Experiment show using this method can fast and effeciently customize with the reusable machine learning flow of tuning, to Data excacation can be efficiently carried out in Hadoop platform.

The foregoing is merely presently preferred embodiments of the present invention, is not intended to limit the invention, it is all the present invention spirit and Within principle, any modification, equivalent replacement, improvement and so on should all be included in the protection scope of the present invention.

Claims

1. a kind of machine learning Service Assembly method based on Mahout, which is characterized in that include the following steps：

Step S1：The data of different-format are pre-processed, the feature vector that model training uses is converted into；

Step S2：Carry out Clustering Model, disaggregated model and collaborative filtering recommending model training；

Step S3：The model completed to training is assessed；

Step S4：By step Sl, step S2 and step S3 three phases in the form of operator in Mahout algorithms libraries Unified encapsulation is carried out, becomes and meets a series of services that Oozie workflow platforms call specification；

Step S5：According to user's description machine learning method to be used and the data to be handled format, group Take on the machine learning workflow flow path of a plurality of meet demand；

Step S6：When these machine learning workflows are after by Oozie end of runs in Hadoop platform, each work The model evaluation operator for making to flow will provide the assessment result of workflow；User selects machine learning work according to this assessment result It flows；

Step S7：The selected machine learning workflow of user is stored into knowledge base, so that user is multiplexed after this；

The model evaluation that training is completed in step S3 includes the following steps：

Step S32：Disaggregated model assessment is assessed using accuracy, if disaggregated model uses NB Algorithm, assessment It further include confusion matrix；Confusion matrix is the crosstab of disaggregated model output result and real goal value；Confusion matrix it is each The corresponding real goal value of row, the output valve of each corresponding disaggregated model of row；

Step S33：Collaborative filtering recommending model evaluation is assessed using the accuracy rate of model；

Collaborative filtering recommending model in step S2 uses matrix factorisation collaborative filtering and the collaboration based on article Filter the collaborative filtering recommending model of proposed algorithm.
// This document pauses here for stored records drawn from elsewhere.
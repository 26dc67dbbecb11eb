-- ===== src/Volumes/Resources/Steps.antt =====
-- The calls of each part of `ensure_resources`.
use optimizr_actions.Prelude.{
  none, some, List, [], ◌∷◌, Text, codes, same, strip, member, All, ok, guard, raise_if,
}
use optimizr_actions.Prelude.Splits.{splitlines}
use optimizr_actions.Volumes.Contract.{
  volume_mismatch, volume_not_inspectable, creation_not_confirmed, name_unexpected,
}
use optimizr_actions.Volumes.Docker.{
  Engine, Command, lift, is_zero, require_success, volume_inspect, volume_list, volume_create,
  network_inspect, network_create,
}
use optimizr_actions.Volumes.Resources.{
  inspect_volume_name, confirm_name, confirm_absence, check_volume, with_missing, find_missing,
  create_volume, create_volumes, ensure_network, ensure_networks, make_network,
}
use optimizr_actions.Volumes.Docker.Rules.{
  Allows, Keeps, Keeps-lift, Keeps-bind, Keeps-ask, Keeps-if,
}

module _ (engine : Engine) (I : List Command → Type 0) where
  -- The calls of each part, where they are permitted.
  pub Keeps-check_volume :
      (volume : Text)
      → Allows I (volume_inspect volume)
      → Allows I (volume_list volume)
      → Keeps I (check_volume engine volume)
  unfolding check_volume confirm_name confirm_absence
  Keeps-check_volume volume p q =
      Keeps-bind I _ _ (Keeps-ask engine I (volume_inspect volume) p) (λ inspected.
        Keeps-if I (is_zero inspected.returncode) (confirm_name engine inspected volume)
          (confirm_absence engine volume)
          (Keeps-bind I _ _ (Keeps-lift I (inspect_volume_name engine inspected volume)) (λ matches.
            Keeps-bind I _ _ (Keeps-lift I (guard matches volume_mismatch))
              (λ _. Keeps-lift I (ok none))))
          (Keeps-bind I _ _ (Keeps-ask engine I (volume_list volume) q) (λ reply.
            Keeps-bind I _ _
              (Keeps-lift I (require_success (codes "Docker volume inventory") reply))
              (λ listed.
                Keeps-bind I _ _
                  (Keeps-lift I
                    (raise_if (member volume (splitlines listed.stdout)) volume_not_inspectable))
                  (λ _. Keeps-lift I (ok (some volume)))))))

  pub Keeps-find_missing :
      ((v : Text) → Allows I (volume_inspect v))
      → ((v : Text) → Allows I (volume_list v))
      → (volumes : List Text) → Keeps I (find_missing engine volumes)
  unfolding find_missing
  Keeps-find_missing p q [] = Keeps-lift I (ok [])
  Keeps-find_missing p q (volume ∷ volumes) =
      Keeps-bind I _ _ (Keeps-check_volume volume (p volume) (q volume)) (λ found.
        Keeps-bind I _ _ (Keeps-find_missing p q volumes)
          (λ rest. Keeps-lift I (ok (with_missing engine found rest))))

  pub Keeps-create_volume :
      (volume : Text)
      → Allows I (volume_inspect volume)
      → Allows I (volume_create volume)
      → Keeps I (create_volume engine volume)
  unfolding create_volume
  Keeps-create_volume volume p q =
      Keeps-bind I _ _ (Keeps-ask engine I (volume_create volume) q) (λ reply.
        Keeps-bind I _ _ (Keeps-lift I (require_success (codes "Docker volume creation") reply))
          (λ created.
            Keeps-bind I _ _
              (Keeps-lift I (guard (same (strip created.stdout) volume) creation_not_confirmed))
              (λ _. Keeps-bind I _ _ (Keeps-ask engine I (volume_inspect volume) p) (λ answer.
                Keeps-bind I _ _
                  (Keeps-lift I (require_success (codes "Docker volume verification") answer))
                  (λ inspected.
                    Keeps-bind I _ _ (Keeps-lift I (inspect_volume_name engine inspected volume))
                      (λ matches. Keeps-lift I (guard matches name_unexpected)))))))

  pub Keeps-create_volumes :
      ((v : Text) → Allows I (volume_inspect v))
      → (volumes : List Text) → All (λ v. Allows I (volume_create v)) volumes
      → Keeps I (create_volumes engine volumes)
  unfolding create_volumes
  Keeps-create_volumes p [] q = Keeps-lift I (ok tt)
  Keeps-create_volumes p (volume ∷ volumes) q =
      Keeps-bind I _ _ (Keeps-create_volume volume (p volume) q.0)
        (λ _. Keeps-create_volumes p volumes q.1)

  pub Keeps-ensure_networks :
      ((n : Text) → Allows I (network_inspect n))
      → (networks : List Text) → All (λ n. Allows I (network_create n)) networks
      → Keeps I (ensure_networks engine networks)
  unfolding ensure_networks ensure_network make_network
  Keeps-ensure_networks p [] q = Keeps-lift I (ok tt)
  Keeps-ensure_networks p (network ∷ networks) q =
      Keeps-bind I _ _
        (Keeps-bind I _ _ (Keeps-ask engine I (network_inspect network) (p network)) (λ inspected.
          Keeps-if I (is_zero inspected.returncode) (lift (ok tt)) (make_network engine network)
            (Keeps-lift I (ok tt))
            (Keeps-bind I _ _ (Keeps-ask engine I (network_create network) q.0) (λ reply.
              Keeps-bind I _ _
                (Keeps-lift I (require_success (codes "Docker network creation") reply))
                (λ _. Keeps-lift I (ok tt))))))
        (λ _. Keeps-ensure_networks p networks q.1)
2. the machine learning Service Assembly method according to claim 1 based on Mahout, it is characterised in that：In step S1 Data prediction include：SeqDirectory、Lucene2Seq、Seq2Sparse、Arff.Vector、Split、 SplitDataSet, Describe and Hive.
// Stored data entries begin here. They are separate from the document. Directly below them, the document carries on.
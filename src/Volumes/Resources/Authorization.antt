-- ===== src/Volumes/Resources/Authorization.antt =====
-- Which volumes are created, and when.
use optimizr_actions.Prelude.{
  ◌≡◌, refl, subst, ◌⊎◌, inl, inr, Bool, true, false, Bool-cases, Option, none, some, List, [], ◌∷◌,
  Text, codes, same_refl, member, All, All-mono, ok, arith, guard, raise_if, if◌then◌else◌,
}
use optimizr_actions.Prelude.Splits.{splitlines}
use optimizr_actions.Volumes.Contract.{
  Checked, Manifest, may_create_missing_volume, volume_mismatch, volume_not_inspectable,
}
use optimizr_actions.Volumes.Docker.{
  Engine, Command, Completed, lift, ask, is_zero, require_success, volume_inspect, volume_list,
  volume_create, network_inspect, network_create,
}
use optimizr_actions.Volumes.Docker.Rules.{
  Allows, Keeps, Keeps-lift, Keeps-bind, Keeps-after, bind_ok,
}
use optimizr_actions.Volumes.Resources.{
  inspect_volume_name, confirm_name, confirm_absence, check_volume, with_missing, find_missing,
  unauthorized, refuse_missing, ensure_volumes, ensure_networks, ensure_resources,
}
use optimizr_actions.Volumes.Resources.Steps.{
  Keeps-find_missing, Keeps-create_volumes, Keeps-ensure_networks,
}

pub returned :
    {A : Type 0} {a b : A} {calls later : List Command}
    → Path (Checked A × List Command) (ok a, calls) (ok b, later)
    → a ≡ b
returned h = cc

pub nothing_refused :
    (vs : List Text) {calls later : List Command}
    → Path (Checked (Unit {0}) × List Command) (refuse_missing vs, calls) (ok tt, later)
    → vs ≡ []
nothing_refused [] h = refl
nothing_refused (v ∷ vs) h = absurd cc

pub unauthorized-none :
    (manifest : Manifest) (missing : List Text)
    → unauthorized manifest missing ≡ []
    → All (λ v. may_create_missing_volume manifest v ≡ true) missing
unfolding unauthorized
unauthorized-none manifest [] h = tt
unauthorized-none manifest (v ∷ vs) h = elim (Bool-cases (may_create_missing_volume manifest v)) [
  | inl permitted ↦ (permitted, unauthorized-none manifest vs (ground (arith, permitted)))
  | inr refused ↦ absurd (ground (arith, refused))
]

All-both :
    {A : Type 0} (P Q : A → Type 0) (xs : List A) → All P xs → All Q xs → All (λ x. P x × Q x) xs
All-both P Q [] p q = tt
All-both P Q (x ∷ xs) p q = ((p.0, q.0), All-both P Q xs p.1 q.1)

All-member : (xs : List Text) → All (λ x. member x xs ≡ true) xs
unfolding member
All-member xs = go xs xs (λ x h. h)
  where
    go :
        (ys zs : List Text)
        → ((x : Text) → member x ys ≡ true → member x zs ≡ true)
        → All (λ x. member x zs ≡ true) ys
    go [] zs h = tt
    go (y ∷ ys) zs h =
        (h y (ground (arith, same_refl y)), go ys zs (λ x k. h x (ground (arith, k))))

-- What each call of `ensure_resources` needs.
abbrev pub IsAuthorized : Manifest → Command → Type 0
IsAuthorized manifest (volume_create v) =
    (member v manifest.ensure_volumes ≡ true) × (may_create_missing_volume manifest v ≡ true)
IsAuthorized manifest (network_create n) = member n manifest.ensure_networks ≡ true
IsAuthorized manifest (volume_inspect v) = Unit
IsAuthorized manifest (volume_list v) = Unit
IsAuthorized manifest (network_inspect n) = Unit
IsAuthorized manifest _ = ⊥

module _ (engine : Engine) where
  pub check_volume-found :
      (volume : Text) (found : Option Text) (calls later : List Command)
      → check_volume engine volume calls ≡ (ok found, later)
      → (found ≡ none) ⊎ (found ≡ some volume)
  unfolding check_volume confirm_name confirm_absence
  check_volume-found volume found calls later h =
      let (inspected, mid, e, h₁) =
        bind_ok (ask engine (volume_inspect volume)) _ calls later found h in
      branch (is_zero inspected.returncode) inspected mid h₁
    where
      branch :
          (zero : Bool) (inspected : Completed) (mid : List Command)
          → (if zero then confirm_name engine inspected volume else confirm_absence engine volume)
              mid
            ≡ (ok found, later)
          → (found ≡ none) ⊎ (found ≡ some volume)
      branch true inspected mid k =
          let (matches, m₁, e₁, k₁) =
            bind_ok (lift (inspect_volume_name engine inspected volume)) _ mid later found k in
          let (_, m₂, e₂, k₂) =
            bind_ok (lift (guard matches volume_mismatch)) _ m₁ later found k₁ in
          inl cc
      branch false inspected mid k =
          let (reply, m₁, e₁, k₁) = bind_ok (ask engine (volume_list volume)) _ mid later found k in
          let (listed, m₂, e₂, k₂) =
            bind_ok (lift (require_success (codes "Docker volume inventory") reply)) _ m₁ later
              found k₁ in
          let (_, m₃, e₃, k₃) =
            bind_ok
              (lift (raise_if (member volume (splitlines listed.stdout)) volume_not_inspectable)) _
              m₂ later found k₂ in
          inr cc

  -- The missing volumes are among those that were looked for.
  All-found :
      (R : Text → Type 0) (volume : Text) (found : Option Text) (rest : List Text)
      → (found ≡ none) ⊎ (found ≡ some volume)
      → R volume
      → All R rest
      → All R (with_missing engine found rest)
  All-found R volume none rest h r rs = rs
  All-found R volume (some w) rest (inl h) r rs = absurd cc
  All-found R volume (some w) rest (inr h) r rs =
      let same_volume : volume ≡ w = cc in (rw (← same_volume) r, rs)

  find_missing-found :
      (R : Text → Type 0) (volumes missing : List Text) (calls later : List Command)
      → find_missing engine volumes calls ≡ (ok missing, later)
      → All R volumes
      → All R missing
  unfolding find_missing
  find_missing-found R [] missing calls later h r = subst (All R) (returned h) tt
  find_missing-found R (volume ∷ volumes) missing calls later h r =
      let (found, m₁, e₁, h₁) = bind_ok (check_volume engine volume) _ calls later missing h in
      let (rest, m₂, e₂, h₂) = bind_ok (find_missing engine volumes) _ m₁ later missing h₁ in
      subst (All R) (returned h₂) (
        All-found R volume found rest (check_volume-found volume found calls m₁ e₁) r.0
          (find_missing-found R volumes rest m₁ m₂ e₂ r.1))

  -- The calls of `ensure_volumes`, by the rule that its creations need.
  Keeps-ensure_volumes :
      (manifest : Manifest) (I : List Command → Type 0)
      → ((v : Text) → Allows I (volume_inspect v))
      → ((v : Text) → Allows I (volume_list v))
      → ((v : Text)
          → (member v manifest.ensure_volumes ≡ true)
            × (may_create_missing_volume manifest v ≡ true)
          → Allows I (volume_create v))
      → Keeps I (ensure_volumes engine manifest)
  unfolding ensure_volumes
  Keeps-ensure_volumes manifest I p q c =
      Keeps-after I (find_missing engine manifest.ensure_volumes) _
        (Keeps-find_missing engine I p q manifest.ensure_volumes)
        (λ missing calls later found.
          Keeps-after I (lift (refuse_missing (unauthorized manifest missing))) _
            (Keeps-lift I (refuse_missing (unauthorized manifest missing)))
            (λ _ before after permitted.
              let required =
                find_missing-found (λ v. member v manifest.ensure_volumes ≡ true)
                  manifest.ensure_volumes missing calls later found
                  (All-member manifest.ensure_volumes) in
              let may =
                unauthorized-none manifest missing
                  (nothing_refused (unauthorized manifest missing) permitted) in
              Keeps-create_volumes engine I p missing
                (All-mono c missing (All-both _ _ missing required may))))

  -- Whatever Docker answers, `ensure_resources` creates only networks and volumes that the manifest
  -- names, a volume only where the manifest permits it, and makes no calls besides these and the
  -- inspections.
  pub ensure_resources-IsAuthorized :
      (manifest : Manifest) → All (IsAuthorized manifest) (ensure_resources engine manifest []).1
  unfolding ensure_resources
  ensure_resources-IsAuthorized manifest =
      let I = All (IsAuthorized manifest) in
      let networks =
        Keeps-ensure_networks engine I (λ n calls h. (tt, h)) manifest.ensure_networks
          (All-mono (λ n m calls h. (m, h)) manifest.ensure_networks
            (All-member manifest.ensure_networks)) in
      let volumes =
        Keeps-ensure_volumes manifest I (λ v calls h. (tt, h)) (λ v calls h. (tt, h))
          (λ v m calls h. (m, h)) in
      (Keeps-bind I (ensure_networks engine manifest.ensure_networks)
          (λ _. ensure_volumes engine manifest) networks (λ _. volumes)).keeps
        [] tt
3. the machine learning Service Assembly method according to claim 1 based on Mahout, it is characterised in that：In step S2 Clustering Model include cluster mould using Canopy, K-Means, fuzzy K-Means, LDA and five clustering algorithms of spectral clustering Type.

4. the machine learning Service Assembly method according to claim 1 based on Mahout, it is characterised in that：In step S2 Disaggregated model include disaggregated model using NB Algorithm and random forests algorithm.